During the twentieth century technology and ideology combined to re-organize the way land was used. Large-scale irrigation projects enabled fodder to be grown, obviating the need for livestock to be moved in search of food. Political theory made it obligatory to "civilize" nomads by settling them. A great experiment in industrialized, state-controlled pastoralism ensued. Although the experiment was at first disastrous, adjustments were made over the decades. Lessons were learned and new techniques introduced. By the time the old Soviet Union dissolved and new independent states emerged some five years ago, there was a relatively high-yielding livestock industry, based on a combination of modern inputs and traditional skills, making use of natural pastures supplemented by cultivated fodder. Resources of land, livestock and labor were collectively managed. Output was geared to the requirements of a large and secure domestic market - the former Soviet Union - which subsidized the cost of producing fodder for livestock in return for meat, wool, leather and dairy products at below world-market prices.

These conditions no longer prevail. Land and livestock are no longer necessarily held collectively. Different types of pasture land are developing market values. Labors have other choices. Fodder production is no longer subsidized, while guaranteed markets at pre-set prices are a thing of the past. As input and product prices shift in relation to supply, demand and government legislation, individual livestock producers must now face the open market with little protection from the state, but also with few restrictions. Fortunes can be made, but flocks and herds can also be lost.

In response to newly-emerging market conditions, pastoralists with privately-owned animals are altering their grazing and livestock husbandry systems. One option is making maximal use of the natural pastures, by lengthening the migratory cycle and reducing dependence on expensive cultivated fodder. This requires sufficient herding labor and secure access to grazing land. Another choice is to continue supplementing the natural forage with purchased or home-grown fodder. This option depends on a high domestic or international price for livestock products, in order to justify the cost of animal feed. A third option is to stop raising animals for surplus, and instead to grow crops under irrigation and retain animals only for home use. Other livestock-keepers are leaving agriculture altogether and seeking employment in the towns.

One of our questions is whether the "traditional" forms of migratory pastoralism are re-emerging in Central Asia, and whether these forms are compatible with a modern industrial economy. But the question may be misplaced. What may be re-emerging is not necessarily 'traditional' pastoralism at all, but rather a predictable response to the industrial economy which happens to exist in these areas now. Two of the characteristic features of 'traditional' pastoral nomadism are migratory herd (and usually household) movement, and a subsistence-orientated household economy. The re-emergence of these features may be attributable to price changes of inputs and outputs rather than simple conservatism on the part of producers.

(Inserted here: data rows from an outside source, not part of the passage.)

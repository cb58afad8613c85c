-- ===== src/Resp3/Connection/Retry.antt =====
-- The second attempt of Execute, after a connection that turned out to be lost.
use synap_sdk_go.Prelude.{ℕ, zero, suc, ◌+◌, ◌≡◌, ◌⊎◌, inl, inr, Option, none, some, List, ◌∷◌}
use synap_sdk_go.Bytes.{Bytes}
use synap_sdk_go.Value.{Value}
use synap_sdk_go.Value.Text.{Runtime}
use synap_sdk_go.Errors.{SynapError, synap, wrapped}
use package.synap_sdk_go.Resp3.Outcome.{Outcome, value, error, of_result}
use package.synap_sdk_go.Resp3.Frame.{build_multibulk}
use package.synap_sdk_go.Resp3.Reader.{read_reply}
use package.synap_sdk_go.Resp3.Protocol.{Reply, encode, meaning, WellFormed}
use package.synap_sdk_go.Resp3.Connection.{Conn, Event, dialled, hung_up, sent, attempts, execute}
use package.synap_sdk_go.Resp3.Connection.Session.{live, IsFlat, flat-settles, flat-read}

module _ (rt : Runtime) (dial : ℕ → Option Conn) where
  -- An attempt that dials, with what it finds at the other end.
  attempt-dial :
      (n : ℕ) (frame : Bytes) (d m : ℕ) (s rest : Bytes) (log : List Event) (o : Outcome Value)
      → dial d ≡ some (record { accepts = suc m; incoming = s })
      → ((v : Value) × (o ≡ value v)) ⊎ ((e : SynapError) × (o ≡ error (synap e)))
      → read_reply rt s ≡ (o, rest)
      → attempts rt dial (suc n) frame (record { conn = none; dials = d; log = log })
        ≡ (o, live m rest (d + 1) (sent frame ∷ dialled ∷ log))
  unfolding attempts
  attempt-dial n frame d m s rest log o a (inl (v, e)) h = rw (a, h, e)
  attempt-dial n frame d m s rest log o a (inr (x, e)) h = rw (a, h, e)

  -- A connection that accepts no frame, or on which reading the reply fails.
  abbrev pub IsLost : ℕ → Bytes → Type 0
  IsLost zero s = Unit
  IsLost (suc n) s = (text rest : Bytes) × (read_reply rt s ≡ (error (wrapped text), rest))

  -- The frame is in the log already if the lost connection took it.
  abbrev pub lost_log : ℕ → Bytes → List Event → List Event
  lost_log zero frame log = log
  lost_log (suc n) frame log = sent frame ∷ log

  -- After a lost connection Execute dials once, writes the command again and returns the reply of
  -- the new connection, which is kept. A command whose frame was written and whose reply could not
  -- be read is thereby written twice.
  pub execute-lost :
      (cmd : Bytes) (args : List Value) (n : ℕ) (s : Bytes) (d m : ℕ) (r : Reply) (rest : Bytes)
      (log : List Event)
      → IsLost n s
      → dial d ≡ some (record { accepts = suc m; incoming = encode r rest })
      → WellFormed rt r
      → IsFlat rt r
      → let frame = build_multibulk rt cmd args in
        execute rt dial cmd args (live n s d log) ≡ (
          of_result (meaning rt r),
          live m rest (d + 1) (sent frame ∷ dialled ∷ hung_up ∷ lost_log n frame log),
        )
  execute-lost cmd args zero s d m r rest log h a w f =
      unfold execute attempts in
      attempt-dial 0 _ d m (encode r rest) rest (hung_up ∷ log) _ a (flat-settles rt dial r f)
        (flat-read rt dial r rest w f)
  execute-lost cmd args (suc n) s d m r rest log (text, behind, h) a w f =
      unfold execute attempts in
      rw h (
        attempt-dial 0 _ d m (encode r rest) rest
          (hung_up ∷ sent (build_multibulk rt cmd args) ∷ log) _ a (flat-settles rt dial r f)
          (flat-read rt dial r rest w f))
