-- ===== src/Resp3/Protocol/Commands.antt =====
-- The frames of buildMultibulk, read back as replies.
use synap_sdk_go.Prelude.{
  suc, ◌^◌, ◌<◌, ◌≡◌, refl, ap, List, [], ◌∷◌, ◌++◌, append_assoc, map, length, All,
}
use synap_sdk_go.Bytes.{Bytes}
use synap_sdk_go.Value.{Value, str, arr, of_list}
use synap_sdk_go.Value.Text.{Runtime}
use synap_sdk_go.Errors.{ok}
use package.synap_sdk_go.Resp3.Outcome.{value}
use package.synap_sdk_go.Resp3.Frame.{bulks, frame, build_multibulk, parts_of}
use package.synap_sdk_go.Resp3.Reader.{read_reply}
use package.synap_sdk_go.Resp3.Protocol.{
  Replies, array, bulk_string, no_replies, reply, count, encode, encode_items, meaning,
  meaning_items, FitsBlock, WellFormedItems,
}
use package.synap_sdk_go.Resp3.Protocol.Whole.{read_reply-ok}

-- A frame is the array of its parts as bulk strings.
abbrev strings : List Bytes → Replies
strings [] = no_replies
strings (p ∷ ps) = reply (bulk_string p) (strings ps)

count-strings : (ps : List Bytes) → count (strings ps) ≡ length ps
count-strings [] = refl
count-strings (p ∷ ps) = ap suc (count-strings ps)

bulks-encode : (ps : List Bytes) (rest : Bytes) → bulks ps ++ rest ≡ encode_items (strings ps) rest
unfolding bulks encode
bulks-encode [] rest = refl
bulks-encode (p ∷ ps) rest = simp (append_assoc, bulks-encode ps rest)

frame-encode :
    (ps : List Bytes) (rest : Bytes) → frame ps ++ rest ≡ encode (array (strings ps)) rest
unfolding frame encode
frame-encode ps rest = simp (append_assoc, bulks-encode ps rest, count-strings ps)

meaning-strings :
    (rt : Runtime) (ps : List Bytes) → meaning_items rt (strings ps) ≡ ok (of_list (map str ps))
unfolding meaning
meaning-strings rt [] = refl
meaning-strings rt (p ∷ ps) = rw (meaning-strings rt ps)

WellFormed-strings :
    (rt : Runtime) (ps : List Bytes) → All FitsBlock ps → WellFormedItems rt (strings ps)
WellFormed-strings rt [] h = tt
WellFormed-strings rt (p ∷ ps) (h, hs) = (h, WellFormed-strings rt ps hs)

-- A frame is read back as the command and the arguments, and no byte further, whatever bytes they
-- hold: line breaks and type bytes in a value are data.
pub read_reply-build_multibulk :
    (rt : Runtime) (cmd : Bytes) (args : List Value) (rest : Bytes)
    → All FitsBlock (parts_of rt cmd args)
    → length (parts_of rt cmd args) < 2 ^ 63
    → read_reply rt (build_multibulk rt cmd args ++ rest)
      ≡ (value (arr (of_list (map str (parts_of rt cmd args)))), rest)
unfolding build_multibulk meaning
read_reply-build_multibulk rt cmd args rest h n = rw (frame-encode (parts_of rt cmd args) rest) (
    read_reply-ok rt (array (strings (parts_of rt cmd args))) _ rest
      (rw (count-strings (parts_of rt cmd args)) n, WellFormed-strings rt (parts_of rt cmd args) h)
      (rw (meaning-strings rt (parts_of rt cmd args))))
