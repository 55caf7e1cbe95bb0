-- ===== src/Encoder/Bounds.antt =====
-- How long commands are: the sizes that the `*_size` functions compute are those of the bytes
-- written, and every command fits the scratch buffer and `rg_short_t`.
use raygun_apm_ruby.Base.{◌+◌, ◌≤◌, ◌≡◌, ◌≢◌, refl, arith}
use raygun_apm_ruby.Base.{length, take, length-append, length-take}
use raygun_apm_ruby.Protocol.{
  EncodedString, EncodedShortString, LargeString, VariableValue, vt_boolean, VariableInfo,
  EventData, begin, batch, end, Event,
}
use raygun_apm_ruby.Protocol.Valid.{
  IsString, IsShortString, IsLargeString, IsValue, IsVariable, IsValidData,
}
use raygun_apm_ruby.Encoder.Size.{value_size, rg_encode_variableinfo_size, rg_encode_size}
use raygun_apm_ruby.Encoder.Wire.{
  text, short_text, large_text, value_bytes, variable_bytes, body_bytes, header_bytes,
  command_bytes,
}

pub length-text : (s : EncodedString) → IsString s → length (text s) ≡ s.length
length-text s v = omega (arith, length-take s.length s.string)

pub length-short_text :
    (s : EncodedShortString) → IsShortString s → length (short_text s) ≡ s.length
length-short_text s v = omega (arith, length-take s.length s.string)

pub length-large_text : (s : LargeString) → IsLargeString s → length (large_text s) ≡ s.length
length-large_text s v = omega (arith, length-take s.length s.string)

ruleset lengths = (arith, length-text, length-short_text, length-large_text)

length-value : (v : VariableValue) → IsValue v → length (value_bytes v) ≡ value_size v
unfolding value_bytes value_size
length-value (vt_boolean b) h = omega arith
length-value _ h = omega (lengths, length-append {0})

value_size-le : (v : VariableValue) → IsValue v → value_size v ≤ 4100
unfolding value_size
value_size-le (vt_boolean b) h = omega arith
value_size-le _ h = omega arith

pub length-variable-le : (v : VariableInfo) → IsVariable v → length (variable_bytes v) ≤ 4304
unfolding variable_bytes
length-variable-le v h = omega (
  arith,
  length-append (take v.name_length v.name) (value_bytes v.value),
  length-take v.name_length v.name,
  length-value v.value h.value,
  value_size-le v.value h.value,
)

length-variable :
    (v : VariableInfo) → IsVariable v → rg_encode_variableinfo_size v ≡ length (variable_bytes v)
unfolding rg_encode_variableinfo_size variable_bytes
length-variable v h = omega (
  arith,
  length-append (take v.name_length v.name) (value_bytes v.value),
  length-take v.name_length v.name,
  length-value v.value h.value,
  value_size-le v.value h.value,
)

pub length-header : (e : Event) → length (header_bytes e) ≡ 19
unfolding header_bytes
length-header e = omega arith

-- No body is longer than that of a SQL command with four strings of full length.
pub length-body-le : (d : EventData) → IsValidData d → length (body_bytes d) ≤ 16404
unfolding body_bytes
length-body-le (begin b) h = omega arith
length-body-le (end e) h = omega (arith, length-variable-le e.returnvalue h)
length-body-le _ h = omega (lengths, length-append {0})

-- The size that is computed for a valid event before it is encoded is the number of bytes of its
-- command, header and body, for every type of event but the batch, which has no encoder.
pub encode_size-body :
    (d : EventData) → IsValidData d → d ≢ batch → rg_encode_size d ≡ 19 + length (body_bytes d)
unfolding rg_encode_size body_bytes
encode_size-body (begin b) h n = omega arith
encode_size-body (end e) h n =
    omega (arith, length-variable-le e.returnvalue h, length-variable e.returnvalue h)
encode_size-body batch h n = absurd (n refl)
encode_size-body _ h n = omega (lengths, length-append {0})

pub length-command : (e : Event) → length (command_bytes e) ≡ 19 + length (body_bytes e.payload)
unfolding command_bytes
length-command e =
    omega (arith, length-header e, length-append (header_bytes e) (body_bytes e.payload))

Migratory herd movement is most sensitive to changes in input prices. In the cold desert regions of Central Asia and Inner Asia, herds move to escape extremes of cold, lack of water or insufficient natural forage. All these deficiencies can be remedied through capital expenditure on industrial inputs -livestock shelters, water development and (most importantly) cultivated/irrigated forage. These inputs were formerly provided by the state through collectives. With privatization, the costs of these inputs have devolved onto the individual livestock-owning family. It may be more attractive for families to move their flocks away from problems of resource insufficiency rather than to invest in expensive inputs to alleviate the problems on site. Hence the re-emergence of migratory production systems.

The re-emergence of market-shy household pastoral economies, on the other hand, may be attributable to changes in pastoral output (rather than input) prices, relative to the retail cost and availability of food. Taking the example of another pastoral system (Mongolia) which experienced privatization earlier, industrial collapse has undermined the purchasing power of urban consumers. The terms of trade between industrially-produced foods and livestock products are now very unfavorable to consumers; pastoralists therefore choose to retain an increasing proportion of their own production (Humphrey and Sneath 1995; OECD 1995).

As centralized purchasing, fixed prices and government controls are removed, pastoralists prefer to sell through unofficial (thus unrecorded) channels to cross-border markets (Kerven 1993; Edstrom 993). What appears as pastoral withdrawal from trying to feed the cities, and even a massive destocking through deliberate slaughter, may actually reflect the sub rosa emergence of high-value regional or international trade in animal products (Duncan 1994). With new international trade links, pastoralists search for a source of cash to buy consumer items. These are not the 'traditional pastoralists' of a century ago.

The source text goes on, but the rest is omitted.